他的腿像被人抽走了骨头,软绵绵地往下塌。可脚还在往前走,惯性带着身体往前倾了两步,顷刻间,脚步乱了,膝盖先一步磕在地上。
“咚”的一声闷响,在空荡的走廊里格外清晰。紧接着是另一条腿,然后是手掌撑在地上,书包从肩上滑落,里面的东西哗啦啦地散了一地。
他喘着粗气,喉咙像是被一只手从里面掐住了,发不出一点声音。只有无声的气流从喉间溢出。
相泽远眼前开始发黑。视线边缘像被人从外面一点一点地涂黑,越来越窄,越来越暗。到最后,他的视野里只剩下走廊尽头那扇半开的窗户,月光从那里照进来,落在地面上。
无数的画面在他脑海里飞快的闪过——初到入江家的欢迎仪式、转学到并盛的生活、大家无微不至的关心、第一次交到朋友的喜悦、沢田家混乱但温馨的大家……
然后这些画面像被人按了暂停键,定格了一瞬,瞬间全部碎裂,陷入黑暗。
意识慢半拍的回笼,像溺水的人终于浮出水面,胸口的痛感变得越发清晰:
刚才不还好好的吗?
与此同时,医院。
原本睡得好好的小源突然惊醒,猛地从床上坐起来,大口大口的喘着气,身上的病号服被冒出的冷汗全部浸湿,黏腻的贴在身上。
他曲起腿,双臂用力的抱住自己,将头埋进去,心口处不住的抽痛。他没有说话,只是坐在黑暗里静静地抱着自己。

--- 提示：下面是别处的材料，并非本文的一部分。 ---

-- ===== src/Server/Broadcast.antt =====
-- The event loop of `Server` in suplalite/server/__init__.py: what is added to the server's events comes
-- to the program's own handlers of the server's events, and then to every client and every device that
-- has a queue. The handlers are an argument: they are registered by the program that runs the server.
use suplalite.Common.{ℕ, suc, List, [], ◌∷◌, ◌++◌, ◌==◌, if◌then◌else◌}
use suplalite.Python.Result.{Result, ok, err}
use suplalite.Python.Dict.{Dict, put}
use suplalite.Server.Types.{ServerState, ClientState, DeviceState, eq_ℕ}
use suplalite.Server.State.{get_client_events}
use suplalite.Server.Devices.{get_device_events}
use suplalite.Server.World.{World, Action, Event, queue_of}

-- `for client in clients.values(): try: ... except KeyError: continue`
unfoldable pub client_queues : ServerState → Dict ℕ ClientState → List (Result ℕ)
unfolding get_client_events
client_queues s [] = []
client_queues s ((i, c) ∷ cs) = get_client_events s c.id ∷ client_queues s cs

unfoldable pub device_queues : ServerState → Dict ℕ DeviceState → List (Result ℕ)
unfolding get_device_events
device_queues s [] = []
device_queues s ((i, d) ∷ ds) = get_device_events s d.id ∷ device_queues s ds

-- `await events.add(event_id, payload)`, for each queue that is found
unfoldable pub add_to_each : List (Result ℕ) → Event → Dict ℕ (List Event) → Dict ℕ (List Event)
add_to_each [] e queues = queues
add_to_each (err x ∷ qs) e queues = add_to_each qs e queues
add_to_each (ok q ∷ qs) e queues =
    add_to_each qs e (put eq_ℕ queues q (queue_of queues q ++ e ∷ []))

unfoldable pub broadcast : Event → World → World
unfolding client_queues device_queues add_to_each
broadcast e w =
    let s = w.state in
    record w {
      queues = add_to_each (client_queues s s.clients ++ device_queues s s.devices) e w.queues;
    }

-- `get_event_handlers(EventContext.SERVER, event_id)`, each with the payload
abbrev pub Handlers : Type 0
Handlers = Event → List (Action (Unit {0}))

-- The loop over the handlers: one that raises is logged, what it has done stays done, and the next one
-- runs.
unfoldable pub handle_each : List (Action (Unit {0})) → World → World
handle_each [] w = w
handle_each (handler ∷ handlers) w = handle_each handlers (handler w).1

-- One round of `_event_loop`, which waits while there is no event
unfoldable pub event_round : Handlers → World → World
unfolding broadcast handle_each
event_round handlers w = elim w.events [
  | [] ↦ w
  | e ∷ es ↦ broadcast e (handle_each (handlers e) (record w { events = es }))
]

-- How often a queue is named
abbrev pub times : ℕ → List (Result ℕ) → ℕ
times q [] = 0
times q (err x ∷ qs) = times q qs
times q (ok p ∷ qs) = if p == q then suc (times q qs) else times q qs
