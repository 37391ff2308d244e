-- ===== src/Server/Connections.antt =====
-- The life of a connection, of `Connection` in suplalite/server/__init__.py: it opens, handles calls,
-- and ends. The tasks that run it are asyncio's: what they do is a sequence of these steps.
use suplalite.Common.{ℕ, false, Option, none, some, if◌then◌else◌, ltb}
use suplalite.Python.Result.{Result, ok}
use suplalite.Python.Text.{Str}
use suplalite.Python.Dict.{lookup, put, without}
use suplalite.Proto.Constants.{activity_timeout_min, activity_timeout_max, proto_version}
use suplalite.Server.Types.{eq_ℕ}
use suplalite.Server.State.{client_disconnected}
use suplalite.Server.Devices.{device_disconnected}
use suplalite.Server.World.{
  World, Action, Event, Role, anonymous, client, device, Context, Conn, new_context, return, ◌>>◌,
  on_state, add_event, change_context,
}

-- `Connection.__init__` and the `PacketStream` of `__call__`; the name is the peer's.
abbrev pub new_conn : Str → Conn
new_conn peer = record {
  context = new_context peer anonymous;
  superseded = false;
  proto_version = proto_version;
}

unfoldable pub open_connection : ℕ → Str → World → World
open_connection k peer w = record w { conns = put eq_ℕ w.conns k (new_conn peer) }

-- `if self._context.should_replace: self._context = self._context.replacement`
abbrev pub replaced_by : Context → Option (Str × Role) → Context
replaced_by c none = c
replaced_by c (some (name', role')) = new_context name' role'

abbrev pub replaced : Context → Context
replaced c = replaced_by c c.replacement

unfoldable pub take_replacement : ℕ → World → World
take_replacement k w = (change_context k replaced w).1

-- A handler and the replacement behind it, when nothing else comes in between: the lock is released in
-- between, and the answer is sent. The replacement follows whether or not the handler has raised.
unfoldable pub handle : {A : Type 0} → ℕ → Action A → World → Result A × World
unfolding take_replacement
handle k handler w = let (r, w') = handler w in (r, take_replacement k w')

-- The clean-up of `__call__`
abbrev pub disconnect_role : Role → Action (Unit {0})
disconnect_role anonymous = return tt
disconnect_role (client g i) = do
  on_state (λ s. client_disconnected s i)
  add_event (Event.client_disconnected i)
disconnect_role (device g i) = do
  on_state (λ s. device_disconnected s i)
  add_event (Event.device_disconnected i)

-- A connection whose tasks have ended: `if not self._superseded`, and the class of the context, are
-- tested without the lock. Nothing more is done, or the teardown waits for the lock.
unfoldable pub begin_end : ℕ → World → World
begin_end k w = elim (lookup eq_ℕ w.conns k) [
  | none ↦ w
  | some c ↦ leave (if c.superseded then anonymous else c.context.role)
]
  where
    leave : Role → World
    leave anonymous = record w { conns = without eq_ℕ w.conns k }
    leave (client g i) = record w { ending = put eq_ℕ w.ending k (client g i) }
    leave (device g i) = record w { ending = put eq_ℕ w.ending k (device g i) }

-- What the teardown does under the lock; the connection is gone then, also if it raises.
unfoldable pub finish_end : ℕ → World → Result (Unit {0}) × World
finish_end k w = elim (lookup eq_ℕ w.ending k) [
  | none ↦ (ok tt, w)
  | some role ↦
      let (r, w') = disconnect_role role w in
      (r, record w' { conns = without eq_ℕ w'.conns k; ending = without eq_ℕ w'.ending k })
]

-- A teardown that does not wait
unfoldable pub close_connection : ℕ → World → Result (Unit {0}) × World
unfolding begin_end finish_end
close_connection k w = finish_end k (begin_end k w)

-- `set_activity_timeout`, on the number of the message
unfoldable pub clamp_timeout : ℕ → ℕ
clamp_timeout n =
    let n' = (if ltb n activity_timeout_min then activity_timeout_min else n) in
    if ltb activity_timeout_max n' then activity_timeout_max else n'

unfoldable pub set_activity_timeout : ℕ → ℕ → Action (ℕ × ℕ × ℕ)
unfolding clamp_timeout
set_activity_timeout k n = do
  change_context k (λ c. record c { activity_timeout = clamp_timeout n })
  return (clamp_timeout n, activity_timeout_min, activity_timeout_max)
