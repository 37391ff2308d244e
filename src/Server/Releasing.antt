-- ===== src/Server/Releasing.antt =====
-- How a connection gives up what it holds, and how it changes when it keeps it.
use suplalite.Common.{ℕ, ◌≡◌, ◌≢◌, sym, ap, ◌∙◌, Option, some, inl, inr}
use suplalite.Python.Dict.{
  Dict, lookup, put, without, put-cases, without-cases, lookup-without_other,
}
use suplalite.Server.Types.{eq_ℕ}
use suplalite.Server.World.{next_role, Role, Conn}
use suplalite.Server.Clients.{eq_ℕ-IsEquality, none≢some, some_injective}
use suplalite.Server.Ownership.{Owns}

module _ (kind : Role → Option ℕ) (conns : Dict ℕ Conn) (table : Dict ℕ ℕ)
    (owns : Owns kind conns table) where
  -- A connection that owns a slot ends, and the slot is given back.
  pub Owns-released :
      (k i : ℕ) (c : Conn)
      → lookup eq_ℕ conns k ≡ some c
      → kind (next_role c.context) ≡ some i
      → Owns kind (without eq_ℕ conns k) (without eq_ℕ table i)
  Owns-released k i c there role =
      let by_k = without-cases eq_ℕ eq_ℕ-IsEquality conns k in
      let by_i = without-cases eq_ℕ eq_ℕ-IsEquality table i in
      record {
        held = λ j k' e. elim (by_i j) [
          | inl (same, e1) ↦ absurd (none≢some (sym e1 ∙ e))
          | inr (other, e1) ↦
              let (d, e2, e3, e4) = owns.held j k' (sym e1 ∙ e) in
              let apart : k ≢ k' = λ same. other (
                some_injective (
                  sym role
                  ∙ ap (λ (x : Conn). kind (next_role x.context))
                      (some_injective (sym there ∙ ap (lookup eq_ℕ conns) same ∙ e2))
                  ∙ e4)) in
              (d, lookup-without_other eq_ℕ eq_ℕ-IsEquality conns k k' apart ∙ e2, e3, e4)
        ];
      }

  -- A connection that owns no slot ends.
  pub Owns-gone :
      (k : ℕ) → ((i : ℕ) → lookup eq_ℕ table i ≢ some k) → Owns kind (without eq_ℕ conns k) table
  Owns-gone k free =
      let by_k = without-cases eq_ℕ eq_ℕ-IsEquality conns k in
      record {
        held = λ j k' e.
            let (d, e2, e3, e4) = owns.held j k' e in
            let apart : k ≢ k' = λ same. free j (e ∙ ap some (sym same)) in
            (d, lookup-without_other eq_ℕ eq_ℕ-IsEquality conns k k' apart ∙ e2, e3, e4);
      }

  -- A connection changes, but neither its role nor whether it has been superseded.
  pub Owns-kept :
      (k : ℕ) (c c' : Conn)
      → lookup eq_ℕ conns k ≡ some c
      → c'.superseded ≡ c.superseded
      → next_role c'.context ≡ next_role c.context
      → Owns kind (put eq_ℕ conns k c') table
  Owns-kept k c c' there same_end same_role =
      let by_k = put-cases eq_ℕ eq_ℕ-IsEquality conns k c' in
      record {
        held = λ i j e.
            let (d, e1, e2, e3) = owns.held i j e in
            elim (by_k j) [
              | inl (same, e4) ↦
                  let ed : c ≡ d = some_injective (sym there ∙ ap (lookup eq_ℕ conns) same ∙ e1) in
                  (
                    c',
                    e4,
                    same_end ∙ ap (λ (x : Conn). x.superseded) ed ∙ e2,
                    ap kind same_role ∙ ap (λ (x : Conn). kind (next_role x.context)) ed ∙ e3,
                  )
              | inr (other, e4) ↦ (d, e4 ∙ e1, e2, e3)
            ];
      }
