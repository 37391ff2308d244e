-- ===== src/Server/Owned.antt =====
-- What ties the connections to the state: who holds the slots of the clients and the devices.
use suplalite.Common.{ℕ, ◌≡◌, sym, ap, ◌∙◌, true, false, Option, none, some, inl, inr}
use suplalite.Python.Dict.{
  Dict, lookup, put, without, is_some, put-cases, without-cases, lookup-put, lookup-put_other,
  lookup-without, lookup-without_other,
}
use suplalite.Server.Types.{ServerState, DeviceState, ChannelState, Connection, EventQueue, eq_ℕ}
use suplalite.Server.World.{Role, anonymous, client, device, Conn}
use suplalite.Server.Clients.{IsConsistent, eq_ℕ-IsEquality, none≢some, some_injective}
use suplalite.Server.Ownership.{Owns}

abbrev pub client_of : Role → Option ℕ
client_of anonymous = none
client_of (client g i) = some i
client_of (device g i) = none

abbrev pub device_of : Role → Option ℕ
device_of anonymous = none
device_of (client g i) = none
device_of (device g i) = some i

-- A device is online while it has a connection, and has an event queue then; and a connection belongs
-- to a device.
pub record IsLinked (devices : Dict ℕ DeviceState) (conns : Dict ℕ Connection)
    (events : Dict ℕ EventQueue) : Type 0 where
  pub online :
      (i : ℕ) (d : DeviceState)
      → lookup eq_ℕ devices i ≡ some d
      → d.online ≡ is_some (lookup eq_ℕ conns i)
  pub queues : (i : ℕ) → is_some (lookup eq_ℕ events i) ≡ is_some (lookup eq_ℕ conns i)
  pub strangers : (i : ℕ) → lookup eq_ℕ devices i ≡ none → lookup eq_ℕ conns i ≡ none

module _ (devices : Dict ℕ DeviceState) (conns : Dict ℕ Connection) (events : Dict ℕ EventQueue)
    (linked : IsLinked devices conns events) (i : ℕ) (d' : DeviceState) where
  pub connected-IsLinked :
      (k q : ℕ)
      → d'.online ≡ true
      → IsLinked (put eq_ℕ devices i d') (put eq_ℕ conns i k) (put eq_ℕ events i q)
  connected-IsLinked k q on =
      let by_i = put-cases eq_ℕ eq_ℕ-IsEquality devices i d' in
      let others = put-cases eq_ℕ eq_ℕ-IsEquality conns i k in
      record {
        online = λ j d e. elim (by_i j) [
          | inl (same, e1) ↦
              let ed : d' ≡ d = some_injective (sym e1 ∙ e) in
              rw (← ed, ← same) (on ∙ sym (ap is_some (lookup-put eq_ℕ eq_ℕ-IsEquality conns i k)))
          | inr (other, e1) ↦
              linked.online j d (sym e1 ∙ e)
              ∙ sym (ap is_some (lookup-put_other eq_ℕ eq_ℕ-IsEquality conns i k j other))
        ];
        queues = λ j. elim (others j) [
          | inl (same, e1) ↦
              rw (e1, ← same) (ap is_some (lookup-put eq_ℕ eq_ℕ-IsEquality events i q))
          | inr (other, e1) ↦
              ap is_some (lookup-put_other eq_ℕ eq_ℕ-IsEquality events i q j other)
              ∙ linked.queues j
              ∙ sym (ap is_some e1)
        ];
        strangers = λ j e. elim (by_i j) [
          | inl (same, e1) ↦ absurd (none≢some (sym e ∙ e1))
          | inr (other, e1) ↦
              lookup-put_other eq_ℕ eq_ℕ-IsEquality conns i k j other
              ∙ linked.strangers j (sym e1 ∙ e)
        ];
      }

  pub disconnected-IsLinked :
      d'.online ≡ false
      → IsLinked (put eq_ℕ devices i d') (without eq_ℕ conns i) (without eq_ℕ events i)
  disconnected-IsLinked off =
      let by_i = put-cases eq_ℕ eq_ℕ-IsEquality devices i d' in
      let others = without-cases eq_ℕ eq_ℕ-IsEquality conns i in
      record {
        online = λ j d e. elim (by_i j) [
          | inl (same, e1) ↦
              let ed : d' ≡ d = some_injective (sym e1 ∙ e) in
              rw (← ed, ← same)
                (off ∙ sym (ap is_some (lookup-without eq_ℕ eq_ℕ-IsEquality conns i)))
          | inr (other, e1) ↦
              linked.online j d (sym e1 ∙ e)
              ∙ sym (ap is_some (lookup-without_other eq_ℕ eq_ℕ-IsEquality conns i j other))
        ];
        queues = λ j. elim (others j) [
          | inl (same, e1) ↦
              rw (e1, ← same) (ap is_some (lookup-without eq_ℕ eq_ℕ-IsEquality events i))
          | inr (other, e1) ↦
              ap is_some (lookup-without_other eq_ℕ eq_ℕ-IsEquality events i j other)
              ∙ linked.queues j
              ∙ sym (ap is_some e1)
        ];
        strangers = λ j e. elim (by_i j) [
          | inl (same, e1) ↦ absurd (none≢some (sym e ∙ e1))
          | inr (other, e1) ↦
              lookup-without_other eq_ℕ eq_ℕ-IsEquality conns i j other
              ∙ linked.strangers j (sym e1 ∙ e)
        ];
      }

-- The tables of clients and of devices are consistent, and a connection that they name is there, has not
-- been superseded, and has that role, or has it once its context has been replaced.
pub record IsOwned (s : ServerState) (conns : Dict ℕ Conn) : Type 0 where
  pub clients : IsConsistent s
  pub devices : IsLinked s.devices s.device_connections s.device_events
  pub client_slots : Owns client_of conns s.client_connections
  pub device_slots : Owns device_of conns s.device_connections

-- The clients do not depend on the devices.
pub other-IsConsistent :
    (s : ServerState) (devices : Dict ℕ DeviceState) (channels : Dict ℕ ChannelState)
    (conns : Dict ℕ Connection) (events : Dict ℕ EventQueue)
    → IsConsistent s
    → IsConsistent (record s {
      devices = devices;
      channels = channels;
      device_connections = conns;
      device_events = events;
    })
other-IsConsistent s devices channels conns events inv = record {
  numbered = inv.numbered;
  known = inv.known;
  online = inv.online;
  queues = inv.queues;
  strangers = inv.strangers;
}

窗外的月亮慢慢被乌云笼罩,天空暗沉了下来,没有一丝光亮。
医院走廊的白炽灯还亮着,惨白的灯光从门缝里挤进来。小源还维持着那个姿势,像被人钉在原地一样,脊背绷的很紧,指节死死的揪着床单,一动不动。
“小远……”
他无声地动了动嘴唇,声音轻得连自己都听不见,像是怕惊动什么。
乌云越来越厚,把整片天空遮得严严实实。病房里彻底暗了下去,连门缝里挤进来的光都暗了几分。
他不知道自己坐了多久,只知道心脏还在不停的抽痛。
一下,两下,三下。
走廊尽头传来护士换班的脚步声,由远及近,又由近及远,渐渐消失在另一头的拐角。外面有人低声交谈,声音隔着墙壁变得模糊不清,像隔了层膜。